» **Task statement**: Output exactly the first line of the listing and each line after it, through the line that contains "unfoldable pub raise : Error → Exec A"; add nothing else.

» **Dataset entries**:
# # # #

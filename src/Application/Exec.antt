-- ===== src/Application/Exec.antt =====
-- Coroutines on the store that may raise: what was written before a raise stays written, until a
-- unit of work undoes it.
pub mod Triple
use umcp.Prelude.{Bool, true, false, Option, none, some}
use umcp.Domain.Errors.{Error, Result, ok, err}
use umcp.Application.Store.{InMemoryStore}

abbrev pub Exec {ℓ} : Type ℓ → Type ℓ
Exec A = InMemoryStore → Result A × InMemoryStore

module _ {ℓ} {A : Type ℓ} where
  unfoldable pub pure : A → Exec A
  pure a s = (ok a, s)

  unfoldable pub raise : Error → Exec A
  raise e s = (err e, s)

  unfoldable pub lift : Result A → Exec A
  lift r s = (r, s)

  unfoldable pub gets : (InMemoryStore → A) → Exec A
  gets f s = (ok (f s), s)

  -- an expression that reads the store and may raise
  unfoldable pub reads : (InMemoryStore → Result A) → Exec A
  reads f s = (f s, s)

unfoldable pub modify : (InMemoryStore → InMemoryStore) → Exec (Unit {0})
modify f s = (ok tt, f s)

abbrev pub resume {ℓ κ} : {A : Type ℓ} {B : Type κ} → Result A → (A → Exec B) → Exec B
resume (ok a) f s = f a s
resume (err e) f s = (err e, s)

infixl 10 ◌>>=◌ ◌>>◌
-- Opening this opens the actions above too.
unfoldable pub ◌>>=◌ {ℓ κ} : {A : Type ℓ} {B : Type κ} → Exec A → (A → Exec B) → Exec B
unfolding pure raise lift gets reads modify
◌>>=◌ m f s = resume (m s).0 f (m s).1

abbrev pub ◌>>◌ {ℓ κ} : {A : Type ℓ} {B : Type κ} → Exec A → Exec B → Exec B
m >> n = m >>= λ _. n

-- `if bad: raise e`
unfoldable pub refuse_if : Bool → Error → Exec (Unit {0})
refuse_if true e s = (err e, s)
refuse_if false e s = (ok tt, s)

-- `if value is None: raise e`
unfoldable pub some_or {ℓ} : {A : Type ℓ} → Option A → Error → Exec A
some_or none e s = (err e, s)
some_or (some a) e s = (ok a, s)

abbrev pub settle {ℓ} :
    {A : Type ℓ} → InMemoryStore → Result A × InMemoryStore → Result A × InMemoryStore
settle s (ok a, s') = (ok a, s')
settle s (err e, s') = (err e, s)

-- `async with self._uow_factory() as uow`: `__aexit__` puts the snapshot of `__aenter__` back when
-- the block raises.
unfoldable pub transaction {ℓ} : {A : Type ℓ} → Exec A → Exec A
transaction m s = settle s (m s)
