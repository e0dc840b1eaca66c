-- ===== src/Application/Exec/Triple.antt =====
-- What a call leaves behind, by how it ended; one rule for each way to build an action.
use mathlib.Core.Path.{subst}
use umcp.Prelude.{Bool, true, false, Option, none, some, ◌≡◌, refl, if◌then◌else◌}
use umcp.Domain.Errors.{Error, Result, ok, err, IsExpected, FailsBy}
use umcp.Application.Store.{InMemoryStore}
use umcp.Application.Exec.{
  Exec, pure, lift, gets, reads, ◌>>=◌, refuse_if, some_or, transaction, resume, settle,
}

-- `Q` holds of what the call returned and the store then, `R` of what it raised and the store then.
pub record Holds {A : Type 0} (Q : A → InMemoryStore → Type 0) (R : Error → InMemoryStore → Type 0)
    (x : Result A × InMemoryStore) : Type 0 where
  pub returned : (a : A) → x.0 ≡ ok a → Q a x.1
  pub raised : (e : Error) → x.0 ≡ err e → R e x.1

ok_injective : {A : Type 0} (a b : A) → ok a ≡ ok b → a ≡ b
ok_injective a b h = cc

err_injective : {A : Type 0} (d e : Error) → ◌≡◌ {A = Result A} (err d) (err e) → d ≡ e
err_injective d e h = cc

module _ {A : Type 0} {Q : A → InMemoryStore → Type 0} {R : Error → InMemoryStore → Type 0} where
  pub Holds-ok : (a : A) (s : InMemoryStore) → Q a s → Holds Q R (ok a, s)
  Holds-ok a s q = record {
    returned = λ b h. subst (λ x. Q x s) (ok_injective a b h) q;
    raised = λ e h. cc;
  }

  pub Holds-err : (e : Error) (s : InMemoryStore) → R e s → Holds Q R (err e, s)
  Holds-err e s r = record {
    returned = λ b h. cc;
    raised = λ d h. subst (λ x. R x s) (err_injective e d h) r;
  }

  pub Holds-pure : (a : A) (s : InMemoryStore) → Q a s → Holds Q R (pure a s)
  unfolding pure
  Holds-pure a s q = Holds-ok a s q

  pub Holds-if :
      (b : Bool) (m n : Exec A) (s : InMemoryStore)
      → (b ≡ true → Holds Q R (m s))
      → (b ≡ false → Holds Q R (n s))
      → Holds Q R ((if b then m else n) s)
  Holds-if true m n s hm hn = hm refl
  Holds-if false m n s hm hn = hn refl

module _ {A B : Type 0} {R : Error → InMemoryStore → Type 0} where
  resume-Holds :
      (P : A → InMemoryStore → Type 0) (Q : B → InMemoryStore → Type 0) (f : A → Exec B)
      (x : Result A) (t : InMemoryStore)
      → Holds P R (x, t)
      → ((a : A) → P a t → Holds Q R (f a t))
      → Holds Q R (resume x f t)
  resume-Holds P Q f (ok a) t h k = k a (h.returned a refl)
  resume-Holds P Q f (err e) t h k = Holds-err e t (h.raised e refl)

  -- the first part by a lemma of its own
  pub Holds-bind :
      (P : A → InMemoryStore → Type 0) {Q : B → InMemoryStore → Type 0} (m : Exec A)
      (f : A → Exec B) (s : InMemoryStore)
      → Holds P R (m s)
      → ((a : A) (t : InMemoryStore) → P a t → Holds Q R (f a t))
      → Holds Q R ((m >>= f) s)
  unfolding ◌>>=◌
  Holds-bind P {Q} m f s h k = resume-Holds P Q f (m s).0 (m s).1 h (λ a p. k a (m s).1 p)

module _ {A B : Type 0} {Q : B → InMemoryStore → Type 0} {R : Error → InMemoryStore → Type 0} where
  resumes :
      (r : Result A) (f : A → Exec B) (s : InMemoryStore)
      → ((e : Error) → r ≡ err e → R e s)
      → ((a : A) → r ≡ ok a → Holds Q R (f a s))
      → Holds Q R (resume r f s)
  resumes (ok a) f s fails k = k a refl
  resumes (err e) f s fails k = Holds-err e s (fails e refl)

  pub Holds-reads :
      (g : InMemoryStore → Result A) (f : A → Exec B) (s : InMemoryStore)
      → ((e : Error) → g s ≡ err e → R e s)
      → ((a : A) → g s ≡ ok a → Holds Q R (f a s))
      → Holds Q R ((reads g >>= f) s)
  unfolding ◌>>=◌
  Holds-reads g f s = resumes (g s) f s

  pub Holds-lift :
      (r : Result A) (f : A → Exec B) (s : InMemoryStore)
      → ((e : Error) → IsExpected e → R e s)
      → FailsBy IsExpected r
      → ((a : A) → r ≡ ok a → Holds Q R (f a s))
      → Holds Q R ((lift r >>= f) s)
  unfolding ◌>>=◌
  Holds-lift r f s allow fails = resumes r f s (λ e h. allow e (fails.at e h))

  pub Holds-gets :
      (g : InMemoryStore → A) (f : A → Exec B) (s : InMemoryStore)
      → Holds Q R (f (g s) s)
      → Holds Q R ((gets g >>= f) s)
  unfolding ◌>>=◌
  Holds-gets g f s h = h

  pub Holds-some_or :
      (o : Option A) (e : Error) (f : A → Exec B) (s : InMemoryStore)
      → R e s
      → ((a : A) → o ≡ some a → Holds Q R (f a s))
      → Holds Q R ((some_or o e >>= f) s)
  unfolding ◌>>=◌ some_or
  Holds-some_or none e f s r k = Holds-err e s r
  Holds-some_or (some a) e f s r k = k a refl

module _ {B : Type 0} {Q : B → InMemoryStore → Type 0} {R : Error → InMemoryStore → Type 0} where
  pub Holds-refuse :
      (b : Bool) (e : Error) (f : Unit {0} → Exec B) (s : InMemoryStore)
      → R e s
      → (b ≡ false → Holds Q R (f tt s))
      → Holds Q R ((refuse_if b e >>= f) s)
  unfolding ◌>>=◌ refuse_if
  Holds-refuse true e f s r k = Holds-err e s r
  Holds-refuse false e f s r k = k refl

-- What a transaction raises has changed nothing.
abbrev pub RolledBack : (Error → Type 0) → InMemoryStore → Error → InMemoryStore → Type 0
RolledBack E s e t = E e × (t ≡ s)

module _ {A : Type 0} {Q : A → InMemoryStore → Type 0} {E : Error → Type 0} where
  settle-Holds :
      (s : InMemoryStore) (r : Result A) (t : InMemoryStore)
      → Holds Q (λ e _. E e) (r, t)
      → Holds Q (RolledBack E s) (settle s (r, t))
  settle-Holds s (ok a) t h = Holds-ok a t (h.returned a refl)
  settle-Holds s (err e) t h = Holds-err e s (h.raised e refl, refl)

  pub Holds-transaction :
      (m : Exec A) (s : InMemoryStore)
      → Holds Q (λ e _. E e) (m s)
      → Holds Q (RolledBack E s) (transaction m s)
  unfolding transaction
  Holds-transaction m s h = settle-Holds s (m s).0 (m s).1 h

pub Holds-map :
    {A : Type 0} {Q P : A → InMemoryStore → Type 0} {R : Error → InMemoryStore → Type 0}
    (x : Result A × InMemoryStore)
    → ((a : A) (t : InMemoryStore) → P a t → Q a t)
    → Holds P R x
    → Holds Q R x
Holds-map x f h = record { returned = λ a e. f a x.1 (h.returned a e); raised = h.raised }
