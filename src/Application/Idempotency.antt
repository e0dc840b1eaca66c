-- ===== src/Application/Idempotency.antt =====
-- src/omp/application/fakes.py, InMemoryIdempotencyRepository.
pub mod Settling
use umcp.Prelude.{
  ℕ, String, Eq, nat_eq, string_eq, pair_eq, ◌==◌, Bool, true, false, not, Option, none, some,
  if◌then◌else◌,
}
use umcp.Dict.{lookup, insert}
use umcp.Domain.Errors.{Error, Result, ok, err, idempotency_conflict, idempotency_in_progress}
use umcp.Domain.Values.{Uuid}
use umcp.Application.Models.{OperationType, operation_index, IdempotencyClaim}
use umcp.Application.Store.{
  InMemoryStore, StoredOperation, OperationStatus, in_progress, completed, OperationKey,
}
use umcp.Application.Exec.{Exec}

abbrev pub is_completed : OperationStatus → Bool
is_completed in_progress = false
is_completed completed = true

abbrev pub operation_key : String → OperationType → String → OperationKey
operation_key owner op key = (owner, (operation_index op, key))

abbrev pub new_claim : String → OperationType → String → String → IdempotencyClaim
new_claim owner op key fingerprint = record {
  owner_id = owner;
  operation_type = op;
  idempotency_key = key;
  fingerprint = fingerprint;
  replay = false;
  memory_id = none;
  result_version = none;
  result_status = none;
}

abbrev pub new_operation : String → StoredOperation
new_operation fingerprint = record {
  fingerprint = fingerprint;
  status = in_progress;
  memory_id = none;
  result_version = none;
  result_status = none;
}

-- the claim of a key that an operation already holds
unfoldable pub claim_prior :
    String → OperationType → String → String → Option StoredOperation → Exec IdempotencyClaim
claim_prior owner op key fingerprint none s = (
  ok (new_claim owner op key fingerprint),
  record s {
    idempotency_operations =
        insert (operation_key owner op key) (new_operation fingerprint) s.idempotency_operations;
  },
)
claim_prior owner op key fingerprint (some prior) s =
    if not (prior.fingerprint == fingerprint)
    then (err idempotency_conflict, s)
    else if not (is_completed prior.status)
    then (err idempotency_in_progress, s)
    else (
      ok (record (new_claim owner op key fingerprint) {
        replay = true;
        memory_id = prior.memory_id;
        result_version = prior.result_version;
        result_status = prior.result_status;
      }),
      s,
    )

unfoldable pub claim : String → OperationType → String → String → Exec IdempotencyClaim
unfolding claim_prior
claim owner op key fingerprint s =
    claim_prior owner op key fingerprint
      (lookup (operation_key owner op key) s.idempotency_operations) s

unfoldable pub complete_prior :
    IdempotencyClaim → Option Uuid → Option ℕ → String → Option StoredOperation → Exec (Unit {0})
complete_prior c memory_id version status none s = (err idempotency_conflict, s)
complete_prior c memory_id version status (some operation) s =
    if not (operation.fingerprint == c.fingerprint)
    then (err idempotency_conflict, s)
    else if is_completed operation.status
    then (ok tt, s)
    else (
      ok tt,
      record s {
        idempotency_operations =
            insert (operation_key c.owner_id c.operation_type c.idempotency_key)
              (record operation {
                status = completed;
                memory_id = memory_id;
                result_version = version;
                result_status = some status;
              })
              s.idempotency_operations;
      },
    )

unfoldable pub complete : IdempotencyClaim → Option Uuid → Option ℕ → String → Exec (Unit {0})
unfolding complete_prior
complete c memory_id version status s =
    complete_prior c memory_id version status
      (lookup (operation_key c.owner_id c.operation_type c.idempotency_key)
        s.idempotency_operations)
      s
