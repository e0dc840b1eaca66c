-- ===== src/Dict/Laws.antt =====
-- What a lookup sees after each update of a dict.
use umcp.Prelude.{
  Eq, ◌==◌, ◌≡◌, refl, ◌≢◌, none, some, [], ◌∷◌, arith, ◌⊎◌, inl, inr, Bool-cases, if◌then◌else◌,
}
use umcp.Dict.{Dict, lookup, insert, erase}

module _ {ℓ κ} {K : Type ℓ} {V : Type κ} ⦃e : Eq K⦄ where
  pub lookup-insert :
      (k j : K) (v : V) (d : Dict K V)
      → lookup j (insert k v d) ≡ (if k == j then some v else lookup j d)
  unfolding lookup insert
  lookup-insert k j v [] = refl
  lookup-insert k j v ((i, w) ∷ d) =
      ground (arith, e.beq_iff k j, e.beq_iff i k, e.beq_iff i j, lookup-insert k j v d)

  pub lookup-erase :
      (k j : K) (d : Dict K V) → lookup j (erase k d) ≡ (if k == j then none else lookup j d)
  unfolding lookup erase
  lookup-erase k j [] = ground arith
  lookup-erase k j ((i, w) ∷ d) =
      ground (arith, e.beq_iff k j, e.beq_iff i k, e.beq_iff i j, lookup-erase k j d)

  pub lookup-insert_self : (k : K) (v : V) (d : Dict K V) → lookup k (insert k v d) ≡ some v
  lookup-insert_self k v d = ground (arith, lookup-insert k k v d, e.beq_iff k k)

  pub lookup-insert_ne :
      (k j : K) (v : V) (d : Dict K V) → k ≢ j → lookup j (insert k v d) ≡ lookup j d
  lookup-insert_ne k j v d h = ground (arith, lookup-insert k j v d, e.beq_iff k j)

  pub lookup-erase_self : (k : K) (d : Dict K V) → lookup k (erase k d) ≡ none
  lookup-erase_self k d = ground (arith, lookup-erase k k d, e.beq_iff k k)

  pub lookup-erase_ne : (k j : K) (d : Dict K V) → k ≢ j → lookup j (erase k d) ≡ lookup j d
  lookup-erase_ne k j d h = ground (arith, lookup-erase k j d, e.beq_iff k j)

  -- What a lookup finds after an insertion is the new value or was there before.
  pub lookup-insert_cases :
      (k j : K) (v x : V) (d : Dict K V)
      → lookup j (insert k v d) ≡ some x
      → ((j ≡ k) × (x ≡ v)) ⊎ ((k ≢ j) × (lookup j d ≡ some x))
  lookup-insert_cases k j v x d h = elim (Bool-cases (k == j)) [
    | inl same ↦ inl (ground (arith, e.beq_iff k j, lookup-insert k j v d))
    | inr other ↦ inr (ground (arith, e.beq_iff k j, lookup-insert k j v d))
  ]

  pub lookup-erase-some :
      (k j : K) (x : V) (d : Dict K V)
      → lookup j (erase k d) ≡ some x
      → (k ≢ j) × (lookup j d ≡ some x)
  lookup-erase-some k j x d h = ground (arith, e.beq_iff k j, lookup-erase k j d)

  -- After an insertion no key that had a value lacks one.
  pub lookup-insert_ne-none :
      (k j : K) (v : V) (d : Dict K V) → lookup j d ≢ none → lookup j (insert k v d) ≢ none
  lookup-insert_ne-none k j v d h = ground (arith, lookup-insert k j v d)
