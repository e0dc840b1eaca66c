-- ===== src/Dict/Entries.antt =====
-- Properties of all entries of a dict, and searches among its values.
use umcp.Prelude.{Eq, ◌==◌, ◌≡◌, refl, Bool, true, none, some, [], ◌∷◌, arith, inl, inr, Bool-cases}
use umcp.Dict.{Dict, lookup, insert, erase, find, select}
use umcp.Dict.Laws.{lookup-insert, lookup-erase}

-- Every entry of the dict satisfies `P`.
abbrev pub Every {ℓ κ μ} : {K : Type ℓ} {V : Type κ} → (K → V → Type μ) → Dict K V → Type μ
Every P [] = Unit
Every P ((k, v) ∷ d) = P k v × Every P d

module _ {ℓ κ μ ν} {K : Type ℓ} {V : Type κ} {P : K → V → Type μ} {Q : K → V → Type ν} where
  pub Every-map : (d : Dict K V) → ((k : K) (v : V) → P k v → Q k v) → Every P d → Every Q d
  Every-map [] f h = tt
  Every-map ((k, v) ∷ d) f h = (f k v h.0, Every-map d f h.1)

  -- what a filtered dict keeps, it keeps with the filter's test passed
  pub Every-select :
      (p : V → Bool) (d : Dict K V)
      → ((k : K) (v : V) → p v ≡ true → P k v → Q k v)
      → Every P d
      → Every Q (select p d)
  unfolding select
  Every-select p [] f h = tt
  Every-select p ((k, v) ∷ d) f h = elim (Bool-cases (p v)) [
    | inl kept ↦ rw kept (f k v kept h.0, Every-select p d f h.1)
    | inr dropped ↦ rw dropped (Every-select p d f h.1)
  ]

module _ {ℓ κ μ} {K : Type ℓ} {V : Type κ} ⦃e : Eq K⦄ (P : K → V → Type μ) where
  pub Every-insert : (k : K) (v : V) (d : Dict K V) → P k v → Every P d → Every P (insert k v d)
  unfolding insert
  Every-insert k v [] p h = (p, tt)
  Every-insert k v ((j, w) ∷ d) p h = elim (Bool-cases (j == k)) [
    | inl same ↦ rw (same, (e.beq_iff j k).0 same) (p, h.1)
    | inr other ↦ rw other (h.0, Every-insert k v d p h.1)
  ]

module _ {ℓ κ} {K : Type ℓ} {V : Type κ} ⦃e : Eq K⦄ where
  -- No key is listed twice.
  abbrev pub Distinct : Dict K V → Type κ
  Distinct [] = Unit
  Distinct ((k, v) ∷ d) = (lookup k d ≡ none) × Distinct d

  pub Distinct-insert : (k : K) (v : V) (d : Dict K V) → Distinct d → Distinct (insert k v d)
  unfolding insert lookup
  Distinct-insert k v [] h = (refl, tt)
  Distinct-insert k v ((j, w) ∷ d) h =
      ground (arith, e.beq_iff j k, e.beq_iff k j, lookup-insert k j v d, Distinct-insert k v d h.1)

  pub Distinct-erase : (k : K) (d : Dict K V) → Distinct d → Distinct (erase k d)
  unfolding erase
  Distinct-erase k [] h = tt
  Distinct-erase k ((j, w) ∷ d) h = ground (arith, lookup-erase k j d, Distinct-erase k d h.1)

  -- In a dict with distinct keys every entry is what its key looks up.
  pub Every-lookup : (d : Dict K V) → Distinct d → Every (λ k v. lookup k d ≡ some v) d
  unfolding lookup
  Every-lookup [] h = tt
  Every-lookup ((j, w) ∷ d) h = (
    rw (e.beq_iff j j).1 refl,
    Every-map d (λ k v p. ground (arith, e.beq_iff j k)) (Every-lookup d h.1),
  )

  -- A search finds a value if some key holds one that passes.
  pub find-of_lookup :
      (p : V → Bool) (k : K) {v : V} (d : Dict K V)
      → lookup k d ≡ some v
      → p v ≡ true
      → (w : V) × (find p d ≡ some w)
  unfolding lookup find
  find-of_lookup p k [] h q = cc
  find-of_lookup p k ((j, w) ∷ d) h q = elim (Bool-cases (p w)) [
    | inl found ↦ (w, rw found refl)
    | inr passed_over ↦ rw passed_over (find-of_lookup p k d (ground arith) q)
  ]

  pub find-passes : (p : V → Bool) (v : V) (d : Dict K V) → find p d ≡ some v → p v ≡ true
  unfolding find
  find-passes p v [] h = cc
  find-passes p v ((j, w) ∷ d) h = ground (arith, find-passes p v d)

  -- What a search finds stands under a key.
  pub lookup-of_find :
      (p : V → Bool) (v : V) (d : Dict K V)
      → Distinct d
      → find p d ≡ some v
      → (k : K) × (lookup k d ≡ some v)
  unfolding lookup find
  lookup-of_find p v [] u h = cc
  lookup-of_find p v ((j, w) ∷ d) u h = elim (Bool-cases (p w)) [
    | inl found ↦ (j, ground (arith, e.beq_iff j j))
    | inr passed_over ↦
        let (k, r) = lookup-of_find p v d u.1 (ground arith) in (k, ground (arith, e.beq_iff j k))
  ]
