-- ===== src/Application/WellFormed.antt =====
-- The invariant of the in-memory store: what holds between its seven tables.
pub mod Replacing
pub mod Adding
pub mod Removing
pub mod Reading
use umcp.Prelude.{
  ℕ, ◌+◌, String, nat_eq, string_eq, option_eq, pair_eq, ◌≡◌, refl, ◌≢◌, false, Option, some, none,
  List, [], ◌∷◌, ◌++◌, elem, arith,
}
use umcp.Dict.{Dict, lookup}
use umcp.Dict.Entries.{Every, Distinct}
use umcp.Domain.Errors.{ok}
use umcp.Domain.Values.{Uuid, Relation}
use umcp.Domain.Memory.{Memory, MemoryVersion, make_memory}
use umcp.Application.Store.{
  InMemoryStore, RelationKey, OperationKey, StoredOperation, relation_key, empty_store,
}

-- The snapshots `h` are those of the memory `id`, numbered from `k` to `n` without a gap.
abbrev pub Chain : Uuid → ℕ → ℕ → List MemoryVersion → Type 0
Chain id k n [] = k ≡ n + 1
Chain id k n (v ∷ vs) = (v.version ≡ k) × (v.memory_id ≡ id) × Chain id (k + 1) n vs

-- The dict holds `m` under `id`, and `m` belongs to `owner` and carries `key`.
abbrev pub Holder : Dict Uuid Memory → Uuid → String → String → Type 0
Holder memories id owner key =
    (m : Memory) × (lookup id memories ≡ some m)
    × (m.owner_id ≡ owner)
    × (m.idempotency_key ≡ some key)

-- A memory of `owner` stands under `id`.
abbrev pub Owned : Dict Uuid Memory → Uuid → String → Type 0
Owned memories id owner = (m : Memory) × (lookup id memories ≡ some m) × (m.owner_id ≡ owner)

-- A stored relation stands under its key, and both its ends are memories of its owner.
abbrev pub Linked : Dict Uuid Memory → RelationKey → Relation → Type 0
Linked memories k r =
    (k ≡ relation_key r)
    × Owned memories r.source_id r.owner_id
    × Owned memories r.target_id r.owner_id

pub record WellFormed (s : InMemoryStore) : Type 0 where
  pub distinct : Distinct s.memories
  pub keyed : (id : Uuid) (m : Memory) → lookup id s.memories ≡ some m → m.id ≡ id
  pub valid : (id : Uuid) (m : Memory) → lookup id s.memories ≡ some m → make_memory m ≡ ok m
  pub vectored :
      (id : Uuid) (m : Memory) → lookup id s.memories ≡ some m → lookup id s.vectors ≢ none
  pub recorded :
      (id : Uuid) (m : Memory)
      → lookup id s.memories ≡ some m
      → (h : List MemoryVersion) × (lookup id s.history_by_memory ≡ some h) × Chain id 1 m.version h
  pub claimed :
      (id : Uuid) (m : Memory) (key : String)
      → lookup id s.memories ≡ some m
      → m.idempotency_key ≡ some key
      → lookup (m.owner_id, key) s.fingerprints ≢ none
  pub held :
      (owner key fp : String)
      → lookup (owner, key) s.fingerprints ≡ some fp
      → (id : Uuid) × Holder s.memories id owner key
  pub unique :
      (i j : Uuid) (owner key : String)
      → Holder s.memories i owner key
      → Holder s.memories j owner key
      → i ≡ j
  pub related : Every (Linked s.memories) s.relations
  pub buried :
      (id : Uuid) (m : Memory)
      → lookup id s.memories ≡ some m
      → elem (m.owner_id, (m.tenant_id, id)) s.tombstones ≡ false

pub empty-WellFormed : WellFormed empty_store
unfolding lookup
empty-WellFormed = record {
  distinct = tt;
  keyed = λ id m h. cc;
  valid = λ id m h. cc;
  vectored = λ id m h. cc;
  recorded = λ id m h. cc;
  claimed = λ id m key h. cc;
  held = λ owner key fp h. cc;
  unique = λ i j owner key h. cc;
  related = tt;
  buried = λ id m h. cc;
}

pub Chain-append :
    (id : Uuid) (k n : ℕ) (h : List MemoryVersion) (v : MemoryVersion)
    → Chain id k n h
    → v.version ≡ n + 1
    → v.memory_id ≡ id
    → Chain id k (n + 1) (h ++ v ∷ [])
Chain-append id k n [] v c e i = ground arith
Chain-append id k n (u ∷ h) v c e i = (c.0, c.1, Chain-append id (k + 1) n h v c.2 e i)

-- The tables of relations and of operations, replaced.
pub with_relations-WellFormed :
    (s : InMemoryStore) (relations : Dict RelationKey Relation)
    (operations : Dict OperationKey StoredOperation)
    → WellFormed s
    → Every (Linked s.memories) relations
    → WellFormed (record s { relations = relations; idempotency_operations = operations })
with_relations-WellFormed s relations operations w linked = record {
  distinct = w.distinct;
  keyed = w.keyed;
  valid = w.valid;
  vectored = w.vectored;
  recorded = w.recorded;
  claimed = w.claimed;
  held = w.held;
  unique = w.unique;
  related = linked;
  buried = w.buried;
}

pub with_operations-WellFormed :
    (s : InMemoryStore) (operations : Dict OperationKey StoredOperation)
    → WellFormed s
    → WellFormed (record s { idempotency_operations = operations })
with_operations-WellFormed s operations w =
    with_relations-WellFormed s s.relations operations w w.related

# # # #

» **Result for this exercise**:
filename src/Application/Exec.antt
-- ===== src/Application/Exec.antt =====
-- Coroutines on the store that may raise: what was written before a raise stays written, until a
-- unit of work undoes it.
pub mod Triple
use umcp.Prelude.{Bool, true, false, Option, none, some}
use umcp.Domain.Errors.{Error, Result, ok, err}
use umcp.Application.Store.{InMemoryStore}

abbrev pub Exec {ℓ} : Type ℓ → Type ℓ
Exec A = InMemoryStore → Result A × InMemoryStore

module _ {ℓ} {A : Type ℓ} where
  unfoldable pub pure : A → Exec A
  pure a s = (ok a, s)

  unfoldable pub raise : Error → Exec A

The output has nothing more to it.